Segment Start: DATA RECORDS

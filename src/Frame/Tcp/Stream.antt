-- ===== src/Frame/Tcp/Stream.antt =====
-- tcp/frame/codec.go: what `Encode` puts on the connection, `Decode` takes off it.
use fabrica_net.Base.{
  ℕ, ◌≤◌, ◌<◌, false, some, List, [], ◌∷◌, ◌++◌, pos, ltb, length, take, drop, length-append,
  take-append_length, drop-append_length, flatten, map, All, Option-cases, inl, inr, ◌≡◌, sym, ap,
  ◌∙◌, arith,
}
use mathlib.Core.List.{append_assoc, append-nil}
use fabrica_net.Frame.{
  max_pack_size, int32_of, put_int32, get_int32, Reader, read_full, BufferPool, BufferedWriter,
}
use fabrica_net.Frame.Prefix.{
  refuses, get_int32-put_int32, length-put_int32, accepts, signed-of_small,
}
use fabrica_net.Frame.Reading.{stream, read_full-Reads}
use fabrica_net.Frame.Tcp.{written, encode, pack, decode, decode_len, decode_body}

-- One frame.
abbrev pub frame : List ℕ → List ℕ
frame p = put_int32 (int32_of (length p)) ++ p

module _ (bufio : BufferedWriter) where
  open bufio use {Writer, sent, pending, write, flush, write_lem, flush_lem}

  -- A successful `Encode` has sent what was pending and then the frame, and leaves nothing pending.
  pub encode-sends :
      (w : Writer) (p : List ℕ) {w' : Writer}
      → encode bufio w p ≡ written w'
      → (sent w' ≡ (sent w ++ pending w) ++ frame p) × (pending w' ≡ [])
  unfolding encode
  encode-sends w p {w'} e = elim (Option-cases (write w (put_int32 (int32_of (length p))))) [
    | inl q ↦ absurd (ground arith)
    | inr ((n, w₁), q) ↦ elim (Option-cases (write w₁ p)) [
      | inl q' ↦ absurd (ground arith)
      | inr ((k, w₂), q') ↦
          let flushed : flush w₂ ≡ some w' = ground arith in
          let (_, first) = write_lem w _ n w₁ q in
          let (_, second) = write_lem w₁ p k w₂ q' in
          let (all, none_left) = flush_lem w₂ w' flushed in
          (
            all ∙ second ∙ ap (λ x. x ++ p) first ∙ append_assoc (sent w ++ pending w) _ p,
            none_left,
          )
    ]
  ]

module _ (pool : BufferPool) where
  open pool use {State, Buffer, len, alloc, free, len-alloc}

  pub decode_step :
      (s : State) (r : Reader) {header : List ℕ} {r' : Reader}
      → read_full 4 r ≡ some (header, r')
      → decode pool s r ≡ decode_len pool s (get_int32 header) r'
  unfolding decode
  decode_step s r e = rw (e, decode)

  pub len_step :
      (s : State) (n : ℕ) (r : Reader)
      → refuses (pos n) ≡ false
      → decode_len pool s (pos n) r ≡ decode_body pool (alloc s n).1 (alloc s n).0 n r
  unfolding decode_len
  len_step s n r e = rw (e, decode_len)

  pub body_step :
      (s : State) (buf : Buffer) (n : ℕ) (r : Reader) {bytes : List ℕ} {r' : Reader}
      → read_full (len buf) r ≡ some (bytes, r')
      → n ≤ length bytes
      → decode_body pool s buf n r ≡ pack bytes buf s r'
  unfolding decode_body
  body_step s buf n r {bytes} e h =
      let long : ltb (length bytes) n ≡ false = ground arith in rw (e, decode_body, long)

  -- A frame at the head of the stream, however the network cut it, is decoded to its pack, in a buffer
  -- of the pool, and the stream goes on behind it.
  pub decode-frame :
      (s : State) (r : Reader) (p rest : List ℕ)
      → 0 < length p
      → length p ≤ max_pack_size
      → stream r ≡ frame p ++ rest
      → let (buf, s') = alloc s (length p) in
        (r' : Reader) × (decode pool s r ≡ pack p buf s' r') × (stream r' ≡ rest)
  unfolding put_int32
  decode-frame s r p rest h k e =
      let w = int32_of (length p) in
      let whole : stream r ≡ put_int32 w ++ (p ++ rest) = e ∙ append_assoc (put_int32 w) p rest in
      let long : 4 ≤ length (stream r) =
        omega
          (arith, ap length whole, length-append (put_int32 w) (p ++ rest), length-put_int32 w) in
      let one = read_full-Reads 4 r long in
      let header : read_full 4 r ≡ some (put_int32 w, one.rest) =
        one.returned ∙ ap (λ x. some (take 4 x, one.rest)) whole in
      let body : stream one.rest ≡ p ++ rest = one.left ∙ ap (drop 4) whole in
      let n : get_int32 (put_int32 w) ≡ pos (length p) =
        get_int32-put_int32 (length p) [] ∙ signed-of_small (length p) k in
      let fine : refuses (pos (length p)) ≡ false =
        sym (ap refuses (signed-of_small (length p) k)) ∙ accepts (length p) h k in
      let buf = (alloc s (length p)).0 in
      let size : len buf ≡ length p = len-alloc s (length p) h in
      let two =
        read_full-Reads (len buf) one.rest
          (omega (arith, size, ap length body, length-append p rest)) in
      let bytes : read_full (len buf) one.rest ≡ some (p, two.rest) =
        two.returned
        ∙ ap (λ x. some (take (len buf) x, two.rest)) body
        ∙ ap (λ i. some (take i (p ++ rest), two.rest)) size
        ∙ ap (λ x. some (x, two.rest)) (take-append_length p rest) in
      (
        two.rest,
        decode_step s r header
            ∙ ap (λ z. decode_len pool s z one.rest) n
            ∙ len_step s (length p) one.rest fine
            ∙ body_step (alloc s (length p)).1 buf (length p) one.rest bytes (omega arith),
        two.left
            ∙ ap (drop (len buf)) body
            ∙ ap (λ i. drop i (p ++ rest)) size
            ∙ drop-append_length p rest,
      )

-- `Encode` of each pack in turn, all successful.
pub data Sends (bufio : BufferedWriter) : bufio.Writer → List (List ℕ) → bufio.Writer → Type 0 where
  sent_all : {w : bufio.Writer} → Sends bufio w [] w
  sends :
      {w v u : bufio.Writer} {p : List ℕ} {ps : List (List ℕ)}
      → encode bufio w p ≡ written v
      → Sends bufio v ps u
      → Sends bufio w (p ∷ ps) u

-- `Decode` again and again, with these packs as its results.
pub data Receives (pool : BufferPool) : pool.State → Reader → List (List ℕ) → Reader → Type 0 where
  received_all : {s : pool.State} {r : Reader} → Receives pool s r [] r
  receives :
      {s s' : pool.State} {r r' t : Reader} {p : List ℕ} {ps : List (List ℕ)} {buf : pool.Buffer}
      → decode pool s r ≡ pack p buf s' r'
      → Receives pool s' r' ps t
      → Receives pool s r (p ∷ ps) t

-- The sizes that `Decode` takes.
abbrev pub CanPack : List ℕ → Type 0
CanPack p = (0 < length p) × (length p ≤ max_pack_size)

Sends-frames :
    (bufio : BufferedWriter) (ps : List (List ℕ)) {w u : bufio.Writer}
    → Sends bufio w ps u
    → bufio.pending w ≡ []
    → (bufio.sent u ≡ bufio.sent w ++ flatten (map frame ps)) × (bufio.pending u ≡ [])
Sends-frames bufio _ sent_all e = (sym (append-nil _), e)
Sends-frames bufio _ (sends {w} {v} {u} {p} {ps} q more) e =
    let (one, none_left) = encode-sends bufio w p q in
    let (all, none_left') = Sends-frames bufio ps more none_left in
    (
      all
          ∙ ap (λ x. x ++ flatten (map frame ps)) (one ∙ ap (λ x. (bufio.sent w ++ x) ++ frame p) e)
          ∙ ap (λ x. (x ++ frame p) ++ flatten (map frame ps)) (append-nil (bufio.sent w))
          ∙ append_assoc (bufio.sent w) (frame p) (flatten (map frame ps)),
      none_left',
    )

Receives-frames :
    (pool : BufferPool) (ps : List (List ℕ)) (rest : List ℕ) (s : pool.State) (r : Reader)
    → All CanPack ps
    → stream r ≡ flatten (map frame ps) ++ rest
    → (t : Reader) × Receives pool s r ps t × (stream t ≡ rest)
Receives-frames pool [] rest s r h e = (r, received_all, e)
Receives-frames pool (p ∷ ps) rest s r h e =
    let (r', one, e') =
      decode-frame pool s r p (flatten (map frame ps) ++ rest) h.0.0 h.0.1
        (e ∙ append_assoc (frame p) (flatten (map frame ps)) rest) in
    let (t, more, e'') = Receives-frames pool ps rest _ r' h.1 e' in (t, receives one more, e'')

-- End to end: packs of 1 to `MaxPackSize` bytes that a codec has encoded on a fresh connection come out
-- of the peer's codec as the same packs in the same order, in whatever chunks the network delivers
-- the bytes, whatever the pools hold, and with the stream left just behind the last frame.
pub transfer :
    (bufio : BufferedWriter) (pool : BufferPool) (ps : List (List ℕ)) (rest : List ℕ)
    (w u : bufio.Writer) (s : pool.State) (r : Reader)
    → All CanPack ps
    → bufio.sent w ≡ []
    → bufio.pending w ≡ []
    → Sends bufio w ps u
    → stream r ≡ bufio.sent u ++ rest
    → (t : Reader) × Receives pool s r ps t × (stream t ≡ rest)
transfer bufio pool ps rest w u s r h fresh idle st e =
    let (all, _) = Sends-frames bufio ps st idle in
    let frames : bufio.sent u ≡ flatten (map frame ps) =
      all ∙ ap (λ x. x ++ flatten (map frame ps)) fresh in
    Receives-frames pool ps rest s r h (e ∙ ap (λ x. x ++ rest) frames)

Segment End: DATA RECORDS

→ REQUIRED ACTION:
Using the entries above, give again exactly the lines from the line holding "len_step s n r e = rw (e, decode_len)" through the line holding "decode-frame s r". Include both end lines and nothing else.

→ RESULT FOR THIS TASK:
  len_step s n r e = rw (e, decode_len)

  pub body_step :
      (s : State) (buf : Buffer) (n : ℕ) (r : Reader) {bytes : List ℕ} {r' : Reader}
      → read_full (len buf) r ≡ some (bytes, r')
      → n ≤ length bytes
      → decode_body pool s buf n r ≡ pack bytes buf s r'
  unfolding decode_body
  body_step s buf n r {bytes} e h =
      let long : ltb (length bytes) n ≡ false = ground arith in rw (e, decode_body, long)

  -- A frame at the head of the stream, however the network cut it, is decoded to its pack, in a buffer
  -- of the pool, and the stream goes on behind it.
  pub decode-frame :
      (s : State) (r : Reader) (p rest : List ℕ)
      → 0 < length p
      → length p ≤ max_pack_size
      → stream r ≡ frame p ++ rest
      → let (buf, s') = alloc s (length p) in
        (r' : Reader) × (decode pool s r ≡ pack p buf s' r') × (stream r' ≡ rest)
  unfolding put_int32
  decode-frame s r p rest h k e =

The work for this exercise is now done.